Functional Regression for Predicting Point Outcomes from Covariates Measured on Intensive Longitudinal Scale: Application to a Smoking-Cessation Study

An important goal of prevention research is to predict a range of outcomes (e.g., smoking, drinking, injury etc.). Statistically, prediction can be expressed as a regression model, with an outcome of interest regressed on predictors. The model set-up is such that both an outcome and predictors are measured on a similar frequency scale. If frequencies differ, data reduction techniques are applied to condense data. For example, if an outcome of a smoking-cessation program (smoking/not smoking) is predicted from affect measured on a momentary scale (e.g. collected with ecological momentary assessments), then only certain features of affect data can be used directly (e.g., person-level mean, variability, trend). In this process of data reduction, much information is lost, which affects prediction accuracy and interpretation.  

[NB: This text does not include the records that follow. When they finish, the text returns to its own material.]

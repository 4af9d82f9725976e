-- ===== src/Compositor/Surfaces.antt =====
-- src/compositor/output.c: `wlc_output_set_backend_surface`. The contexts and renderers of
-- src/platform, which stand on EGL, are parameters.
use wlc.Base.{ℕ, Bool, true, false, ◌&&◌, Option, none, some, if◌then◌else◌, ◌==◌, any}
use wlc.Compositor.World.{
  Output, Bsurface, no_surface, World, drop_surface, set_surface, put, find_output, emit_if,
  context_created, context_destroyed,
}
use wlc.Compositor.Output.{schedule_repaint, cancel_repaint}
use wlc.Compositor.Tty.{respond_tty_activate}

-- Whether `wlc_context` and `wlc_render` succeed on a surface, and whether a surface of a client can
-- be attached to the output again.
pub record Platform : Type 0 where
  pub context_ok : Bsurface → Bool
  pub render_ok : Bsurface → Bool
  pub attaches : ℕ → Bool

-- The output without renderer, context and surface.
unfoldable pub released : Output → Output
released o = record o { bsurface = no_surface; context = false }

-- What the call with NULL leaves in its output, and below, what a call with a surface does.
unfoldable pub surface_taken : Output → Output
unfolding released cancel_repaint
surface_taken o =
    if o.bsurface.display == 0
    then o
    else if o.pending
    then record o { task_bsurface = drop_surface }
    else cancel_repaint (released o)

-- The call with NULL.
unfoldable pub set_no_surface : World → Output → World
unfolding released cancel_repaint respond_tty_activate
set_no_surface w o =
    if o.bsurface.display == 0
    then w
    else if o.pending
    then put (record o { task_bsurface = drop_surface }) w
    else respond_tty_activate
        (put (cancel_repaint (released o)) (emit_if o.created (context_destroyed o.handle) w))

-- The surfaces of clients are attached again, each of which schedules a repaint.
unfoldable pub reattach : Platform → Output → Output
unfolding schedule_repaint
reattach p o = if any p.attaches o.surfaces then schedule_repaint o else o

unfoldable pub surface_given : Platform → Bsurface → Output → Output
unfolding released surface_taken reattach
surface_given p b o =
    let o' : Output = record (released o) { bsurface = b } in
    if o.bsurface.display == b.display
    then o
    else if o.pending
    then record o { task_bsurface = set_surface b }
    else if p.context_ok b && p.render_ok b
    then reattach p (record o' { context = true })
    else surface_taken o'

unfoldable pub replace_surface : Platform → World → Output → Bsurface → Bool × World
unfolding released set_no_surface reattach respond_tty_activate
replace_surface p w o b =
    let w' = emit_if o.created (context_destroyed o.handle) w in
    let o' = record (released o) { bsurface = b } in
    if p.context_ok b && p.render_ok b
    then (
      true,
      respond_tty_activate (
          emit_if o.created (context_created o.handle)
            (put (reattach p (record o' { context = true })) w')),
    )
    else (false, set_no_surface (put o' w') o')

unfoldable pub set_some_surface : Platform → World → Output → Bsurface → Bool × World
unfolding replace_surface
set_some_surface p w o b =
    if o.bsurface.display == b.display
    then (true, w)
    else if o.pending
    then (true, put (record o { task_bsurface = set_surface b }) w)
    else replace_surface p w o b

unfoldable pub set_backend_surface : Platform → World → Output → Option Bsurface → Bool × World
unfolding set_some_surface
set_backend_surface p w o none = (true, set_no_surface w o)
set_backend_surface p w o (some b) = set_some_surface p w o b

-- The call on the output of a handle.
unfoldable pub set_surface_on : Platform → ℕ → Option Bsurface → World → World
unfolding set_backend_surface
set_surface_on p h b w = elim (find_output h w.outputs) [
  | none ↦ w
  | some o ↦ (set_backend_surface p w o b).1
]
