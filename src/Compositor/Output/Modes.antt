-- ===== src/Compositor/Output/Modes.antt =====
-- src/compositor/output.c: `wlc_output_set_information`, which chooses the mode, and
-- `wlc_output_set_resolution_ptr`. A width or height is below 2^31.
use wlc.Base.{
  ℕ, suc, ◌*◌, ◌/◌, ◌%◌, ◌^◌, Bool, true, false, ◌&&◌, ◌||◌, not, Option, none, some, List, [], ◌∷◌,
  if◌then◌else◌, ◌==◌, ltb, get_elem?, set,
}
use wlc.Geometry.{Size, size_equals}
use wlc.Compositor.World.{Output, Mode}
use wlc.Compositor.Output.{schedule_repaint}

-- `mode->width * mode->height`, as a `uint32_t`.
abbrev pub area : Mode → ℕ
area m = m.width * m.height % 2 ^ 32

-- The variables of the loop over the modes; none stands for UINT_MAX.
pub record Choice : Type 0 where
  pub active : Option ℕ
  pub largest : ℕ
  pub fallback : Option ℕ

abbrev pub is_none : Option ℕ → Bool
is_none none = true
is_none (some i) = false

-- One round, at index `i`.
unfoldable pub consider : ℕ → Mode → Choice → Choice
consider i m c = record {
  active = if m.current || (is_none c.active && m.preferred) then some i else c.active;
  largest = if ltb c.largest (area m) then area m else c.largest;
  fallback = if ltb c.largest (area m) then some i else c.fallback;
}

unfoldable pub consider_all : ℕ → List Mode → Choice → Choice
unfolding consider
consider_all i [] c = c
consider_all i (m ∷ ms) c = consider_all (suc i) ms (consider i m c)

unfoldable pub choose_mode : List Mode → Option ℕ
unfolding consider_all
choose_mode ms =
    let c = consider_all 0 ms (record { active = none; largest = 0; fallback = none }) in
    if is_none c.active then c.fallback else c.active

-- Whether `wlc_output_set_resolution_ptr` goes through. The product overflows `size_t` in
-- `chck_mul_ofsz`.
unfoldable pub resolution_changes : Size → ℕ → Output → Bool
unfolding size_equals
resolution_changes r scale o =
    not (r.w == 0 || r.h == 0 || scale == 0)
    && not (o.scale == scale && size_equals r o.resolution)
    && ltb (r.w / scale * (r.h / scale)) (2 ^ 64)

unfoldable pub set_resolution : Size → ℕ → Output → Output
unfolding resolution_changes schedule_repaint
set_resolution r scale o =
    if resolution_changes r scale o
    then schedule_repaint (record o {
      resolution = r;
      virtual = record { w = r.w / scale; h = r.h / scale };
      scale = scale;
    })
    else o

-- The chosen mode is marked as current, and its size becomes the resolution. A list of modes
-- without a choice aborts in the source; here the output keeps its old resolution.
unfoldable pub set_mode : Option Mode → ℕ → List Mode → Output → Output
unfolding set_resolution
set_mode none i ms o = o
set_mode (some m) i ms o =
    let size : Size = record { w = m.width; h = m.height } in
    set_resolution size o.scale
      (record o { mode = some i; mode_size = size; modes = set ms i (record m { current = true }) })

-- `wlc_output_set_information` on the modes of the given information.
unfoldable pub set_information : List Mode → Output → Output
unfolding choose_mode set_mode
set_information ms o = elim (choose_mode ms) [
  | none ↦ record o { modes = ms; mode = none }
  | some i ↦ set_mode (get_elem? ms i) i ms (record o { modes = ms; mode = none })
]
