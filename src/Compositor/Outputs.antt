-- ===== src/Compositor/Outputs.antt =====
-- src/compositor/compositor.c: the active output, outputs that come and go, and the end.
use wlc.Base.{
  ℕ, Bool, true, false, ◌&&◌, ◌||◌, not, Option, none, some, List, [], ◌∷◌, ◌++◌, if◌then◌else◌,
  ◌==◌,
}
use wlc.Compositor.World.{
  Output, Mode, output_resolution, Bsurface, World, activating, deactivating, emit, emit_if, put,
  find_output, handles, for_each, output_focus, output_created, output_destroyed, update_outputs,
  terminate_callback, terminated, api_sleep,
}
use wlc.Compositor.Output.{schedule_repaint, set_sleep, set_sleep_calls}
use wlc.Compositor.Output.Modes.{set_information}
use wlc.Geometry.{size_equals}
use wlc.Compositor.Tty.{has_surface, activate_tty, deactivate_tty}
use wlc.Compositor.Surfaces.{Platform, set_backend_surface, set_surface_on}

-- `wlc_output_schedule_repaint(convert_from_wlc_handle(h, "output"))`
unfoldable pub schedule_on : ℕ → World → World
unfolding schedule_repaint
schedule_on h w = elim (find_output h w.outputs) [ none ↦ w | some o ↦ put (schedule_repaint o) w ]

-- `active_output`; the handle 0 stands for NULL.
unfoldable pub active_output : ℕ → World → World
unfolding schedule_on
active_output h w =
    if w.active == h
    then w
    else let w1 =
        schedule_on w.active (emit_if (not (w.active == 0)) (output_focus w.active false) w) in
      let w2 = record w1 { active = h } in
      if h == 0 then w2 else schedule_on h (emit (output_focus h true) w2)

-- `get_surfaceless_output`
unfoldable pub get_surfaceless_output : List Output → Option Output
get_surfaceless_output [] = none
get_surfaceless_output (o ∷ os) = if has_surface o then get_surfaceless_output os else some o

-- The search of `remove_output` for another output with a surface.
unfoldable pub alive_output : ℕ → List Output → ℕ
alive_output h [] = 0
alive_output h (o ∷ os) =
    let rest = alive_output h os in if not (has_surface o) || o.handle == h then rest else o.handle

-- The end of `wlc_compositor_terminate`, which is all of it once the compositor is terminating.
unfoldable pub finish_terminate : World → World
finish_terminate w = emit terminated w

unfoldable pub remove_output : Platform → ℕ → World → World
unfolding active_output alive_output set_surface_on finish_terminate
remove_output p h w =
    let alive = alive_output h w.outputs in
    let w1 = if w.active == h then active_output alive (record w { active = 0 }) else w in
    let w2 = set_surface_on p h none (emit (output_destroyed h) w1) in
    if w2.terminating && alive == 0 then finish_terminate w2 else w2

-- `wlc_output_terminate`
unfoldable pub output_terminate : Platform → ℕ → World → World
unfolding remove_output schedule_repaint
output_terminate p h w = elim (find_output h w.outputs) [
  | none ↦ w
  | some o ↦
      if o.pending
      then put (schedule_repaint (record o { task_terminate = true })) w
      else remove_output p h w
]

unfoldable pub compositor_terminate : Platform → World → World
unfolding output_terminate finish_terminate
compositor_terminate p w =
    if w.terminating
    then finish_terminate w
    else let w' = emit terminate_callback (record w { terminating = true }) in
      elim w.outputs [
        | [] ↦ finish_terminate w'
        | o ∷ os ↦ for_each (output_terminate p) (handles (o ∷ os)) w'
      ]

-- `wlc_output_set_sleep_ptr` on the output of a handle.
unfoldable pub set_sleep_on : Bool → ℕ → World → World
unfolding set_sleep set_sleep_calls
set_sleep_on sleep h w = elim (find_output h w.outputs) [
  | none ↦ w
  | some o ↦ put (set_sleep sleep o) (emit_if (set_sleep_calls sleep o) (api_sleep h sleep) w)
]

unfoldable pub deactivate_event : Platform → ℕ → World → World
unfolding set_surface_on deactivate_tty
deactivate_event p vt w = deactivate_tty (
    for_each (λ h. set_surface_on p h none) (handles w.outputs)
      (record w { tty = deactivating; vt = vt }))

unfoldable pub activate_event : World → World
unfolding activate_tty set_sleep_on
activate_event w =
    let w1 = emit update_outputs (activate_tty (record w { tty = activating; vt = 0 })) in
    for_each (set_sleep_on false) (handles w1.outputs) w1

-- `wlc_output_set_information`, with the callback of its `wlc_output_set_resolution_ptr`.
unfoldable pub inform : List Mode → Output → World → World
unfolding set_information
inform ms o w =
    let o' = set_information ms o in
    emit_if (not (size_equals o'.resolution o.resolution && o'.scale == o.scale))
      (output_resolution o.handle o.resolution o'.resolution) (put o' w)

-- `add_output` from the call of the `output.created` callback on; `accepts` is false where that
-- callback is there and returns false.
start_output : Platform → Bool → Output → Bsurface → World → World
unfolding output_terminate active_output set_backend_surface schedule_on
start_output p accepts o b w =
    let h : ℕ = o.handle in
    let w1 = emit (output_created h) w in
    let o2 = record o { created = true } in
    let w2 = (set_backend_surface p (put o2 w1) o2 (some b)).1 in
    let w3 = if w2.active == 0 then active_output h w2 else w2 in
    if accepts then schedule_on h w3 else output_terminate p h w1

inform_output : Platform → Bool → Output → Bsurface → List Mode → World → World
unfolding inform start_output
inform_output p accepts o b ms w = start_output p accepts (set_information ms o) b (inform ms o w)

-- `add_output`. `fresh` is what `wlc_handle_create` gives, if it does not fail.
unfoldable pub add_output : Platform → Bool → Option Output → Bsurface → List Mode → World → World
unfolding get_surfaceless_output inform_output
add_output p accepts fresh b ms w = elim (get_surfaceless_output w.outputs) [
  | some o ↦ inform_output p accepts o b ms w
  | none ↦ elim fresh [
    | none ↦ w
    | some o ↦ inform_output p accepts o b ms (record w { outputs = w.outputs ++ o ∷ [] })
  ]
]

To overcome the problem of mismatched time scales, we developed a new method of function regression (FunReg). The method is suitable for data arising in studies that collect data intensively over time (for example, ecological momentary assessments). Typical features of such data include irregularly spaced time intervals, missing observations, and non-linear temporal trajectories. FunReg is a semi-parametric regression model that utilizes all information from predictors without any data reduction. Regression parameters are expressed in forms of continuous nonlinear weight functions that highlight regions of covariate importance and contribute to the overall model prediction.

We analyzed empirical data from a randomized clinical trial assessing effectiveness of nicotine-replacement therapy in a sample of 302 smokers. Participants used electronic diaries to provide assessments approximately 5 times per day for 2 weeks prior to and 6 weeks following a designated quit attempt. We examined the effect of momentary affect (measured on the 1-10 scale) on cessation success at 3 months following a quit attempt (biochemically verified with saliva samples).

We progressively modeled the smoking status as a function of personal average affect, personal average and variability, personal average and a trend, and an entire affect curve. The FunReg approach resulted in the most accurate prediction of the outcome as indicated by sensitivity and specificity indicators. Affect during the post-quit period was identified as the most informative for predicting a later smoking-cessation success. An R package was developed and will be shared with researchers. Additional on-line information will be provided for an easy model application.